Yeltsin contends that the presidential envoys are needed to override Communist apparatchiks who still control many localities and would otherwise block any changes. More generally, his supporters contend that Yeltsin, faced with the surviving party apparatus and a divided, if not splintered, parliament, must in effect initiate reforms by decree. But to opponents the * dispatch of the namestniki smacks of an old czarist practice. The parliament consequently wants them replaced by locally elected administrators; Yeltsin fears that many of those elected will be Communists, who are better organized than the democrats. Parliament refuses to postpone local elections, Yeltsin has vetoed its election bill, and no one knows what will result.

Such tussles are becoming increasingly frequent, partly because parliament is increasingly fractious.

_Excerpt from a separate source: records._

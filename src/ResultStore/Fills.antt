-- ===== src/ResultStore/Fills.antt =====
-- The annotations of a result as one list of keys and texts, and methods that fill them in.
use semvi_btp.Common.{
  ◌≡◌, refl, String, Option, none, some, List, [], ◌∷◌, ◌++◌, inl, inr, returns, ok, arith,
  if◌then◌else◌, ◌==◌, eq_iff, Bool-cases,
}
use semvi_btp.Common.GoMap.{
  GoMap, nil_map, made, has, entries, lookup, insert, lookup-insert, IsMade, MadeOf,
}
use semvi_btp.ResultStore.Annotation
use semvi_btp.ResultStore.Defs.{Result}
use semvi_btp.ResultStore.Stored.{
  Payload, texts, text_lists, nested, made_if_nil, Fill, ◌then_fill◌, put_absent, add_customs,
  add_custom_results_to_map, add_selected_node_to_pod, fill_json,
}

abbrev Pairs : Type 0
Pairs = List (String × String)

-- The annotations of a result, the first of two with one key counting: the twelve marshalled
-- fields, the custom results, and the selected node.
abbrev pub annotations : (Payload → String) → Result → Pairs
annotations text r =
    (Annotation.pre_filter_key, text (text_lists r.pre_filter_result))
    ∷ (Annotation.pre_filter_status_key, text (texts r.pre_filter_status))
    ∷ (Annotation.filter_key, text (nested r.filter))
    ∷ (Annotation.post_filter_key, text (nested r.post_filter))
    ∷ (Annotation.pre_score_key, text (texts r.pre_score))
    ∷ (Annotation.score_key, text (nested r.score))
    ∷ (Annotation.final_score_key, text (nested r.final_score))
    ∷ (Annotation.reserve_key, text (texts r.reserve))
    ∷ (Annotation.permit_timeout_key, text (texts r.permit_timeout))
    ∷ (Annotation.permit_status_key, text (texts r.permit))
    ∷ (Annotation.pre_bind_key, text (texts r.prebind))
    ∷ (Annotation.bind_key, text (texts r.bind))
    ∷ (entries r.custom_results ++ (Annotation.selected_node_key, r.selected_node) ∷ [])

abbrev insert_absent : String → String → Pairs → Pairs
insert_absent k v l = if has (made l) k then l else insert k v l

abbrev pub absent_all : Pairs → Pairs → Pairs
absent_all [] l = l
absent_all ((k, v) ∷ ps) l = absent_all ps (insert_absent k v l)

abbrev pub first : Option String → Option String → Option String
first none o = o
first (some v) o = some v

lookup-insert_absent :
    (k j v : String) (l : Pairs)
    → lookup j (insert_absent k v l) ≡ first (lookup j l) (if k == j then some v else none)
lookup-insert_absent k j v l = ground (arith, eq_iff k j, lookup-insert k j v l)

lookup-absent_all :
    (j : String) (ps l : Pairs) → lookup j (absent_all ps l) ≡ first (lookup j l) (lookup j ps)
unfolding lookup
lookup-absent_all j [] l = ground arith
lookup-absent_all j ((k, v) ∷ ps) l =
    rw (lookup-absent_all j ps (insert_absent k v l))
      (rw (lookup-insert_absent k j v l) (ground arith))

pub lookup-absent_all_nil : (j : String) (ps : Pairs) → lookup j (absent_all ps []) ≡ lookup j ps
unfolding lookup
lookup-absent_all_nil j ps = lookup-absent_all j ps []

absent_all-append : (ps qs l : Pairs) → absent_all (ps ++ qs) l ≡ absent_all qs (absent_all ps l)
absent_all-append [] qs l = refl
absent_all-append ((k, v) ∷ ps) qs l = absent_all-append ps qs (insert_absent k v l)

-- A method that adds the pairs that are absent, and changes no result.
pub record Fills (ps : Pairs) (f : Fill) (r : Result) : Type 0 where
  pub at : (l : Pairs) → f (made l) r ≡ returns (made (absent_all ps l), r, none)

pub Fills-then :
    (ps qs : Pairs) (f g : Fill) (r : Result)
    → Fills ps f r
    → Fills qs g r
    → Fills (ps ++ qs) (f then_fill g) r
Fills-then ps qs f g r p q = record {
  at = λ l. rw (p.at l) (rw (absent_all-append ps qs l) (q.at (absent_all ps l)));
}

pub made_if_nil_lem {ℓ} : {V : Type ℓ} (m : GoMap V) → IsMade m → made_if_nil m ≡ m
made_if_nil_lem nil_map h = absurd h
made_if_nil_lem (made m) h = refl

pub MadeOf-IsMade : {V : Type 0} (P : V → Type 0) (m : GoMap V) → MadeOf P m → IsMade m
MadeOf-IsMade P nil_map h = h
MadeOf-IsMade P (made m) h = tt

module _ (text : Payload → String) where
  pub fill_json-Fills :
      (key message : String) (make_field : Result → Result) (payload : Result → Payload)
      (r : Result)
      → make_field r ≡ r
      → Fills
          ((key, text (payload r)) ∷ [])
          (fill_json (λ p. ok (text p)) key message make_field payload)
          r
  unfolding fill_json
  fill_json-Fills key message make_field payload r e = record {
    at = λ l. elim (Bool-cases (has (made l) key)) [ inl t ↦ rw t | inr t ↦ rw t (rw e) ];
  }

put_absent_made :
    (k v : String) (l : Pairs) → put_absent k v (made l) ≡ returns (made (insert_absent k v l))
put_absent_made k v l = ground arith

add_customs_made : (ps l : Pairs) → add_customs ps (made l) ≡ returns (made (absent_all ps l))
unfolding add_customs
add_customs_made [] l = refl
add_customs_made ((k, v) ∷ ps) l =
    rw (put_absent_made k v l) (add_customs_made ps (insert_absent k v l))

pub customs-Fills : (r : Result) → Fills (entries r.custom_results) add_custom_results_to_map r
unfolding add_custom_results_to_map
customs-Fills r = record { at = λ l. rw (add_customs_made (entries r.custom_results) l) }

pub selected-Fills :
    (r : Result)
    → Fills ((Annotation.selected_node_key, r.selected_node) ∷ []) add_selected_node_to_pod r
unfolding add_selected_node_to_pod
selected-Fills r = record {
  at = λ l. rw (put_absent_made Annotation.selected_node_key r.selected_node l);
}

The legislators, elected in March 1990, once divided into two main groups: Communists and their opponents. They have now splintered into at least 14 registered factions, plus any number of single- issue dissidents. Lilia Shevtsova, a professor at Moscow's Institute of International Economic and Political Studies, calls many of the country's proliferating political organizations "sofa parties" because "all the members of one party can sit on one sofa."

Yeltsin's aides, some of whom were also heroes of the revolution, have been no help in resolving this confusion. On the contrary, they frequently squabble among themselves. Ruslan Khasbulatov, apparently annoyed by the failure of other Yeltsin supporters to back him for the still unfilled position of chairman of parliament, lashed out at State Secretary Gennadi Burbulis and State Counselor Sergei Shakhrai. He called them "kids who are simply not mature enough for politics."

Some of the fiercest controversy has come over what role Russia should play in a new union of the republics. Vice President Rutskoi denounced the new economic treaty as "banditry" that would allow the other republics to treat Russia as a "milch cow," then changed his mind when Ukraine pulled out. Burbulis has insisted that Russia should proclaim itself the "successor state" to the old Soviet Union and take over the institutions of central government. That has only intensified other republics' fear of being swallowed up into a new Russian empire.

Yeltsin's admirers point out that he has always been at his best in a crisis and predict that he will yet come up with a strong and effective stabilization program, maybe even this week when the Russian congress of people's deputies begins to meet. He had better not wait much longer; there are signs that traditionalist forces, which had been quiescent since the failed coup, are reviving. Official trade unions, which were bastions of the communist regime, rallied 50,000 people in Moscow last week to protest falling living standards. $ Their placards carried a warning Yeltsin and his allies cannot afford to ignore: HEY YOU IN CHARGE, STOP ALL THE EMPTY WORDS. WE'RE TIRED OF IT. The fractured forces of democracy don't have much time before "the rattle of empty cooking pans," as trade union leader Igor Klochkov warned, "may prove more terrible than the rattling of the tanks."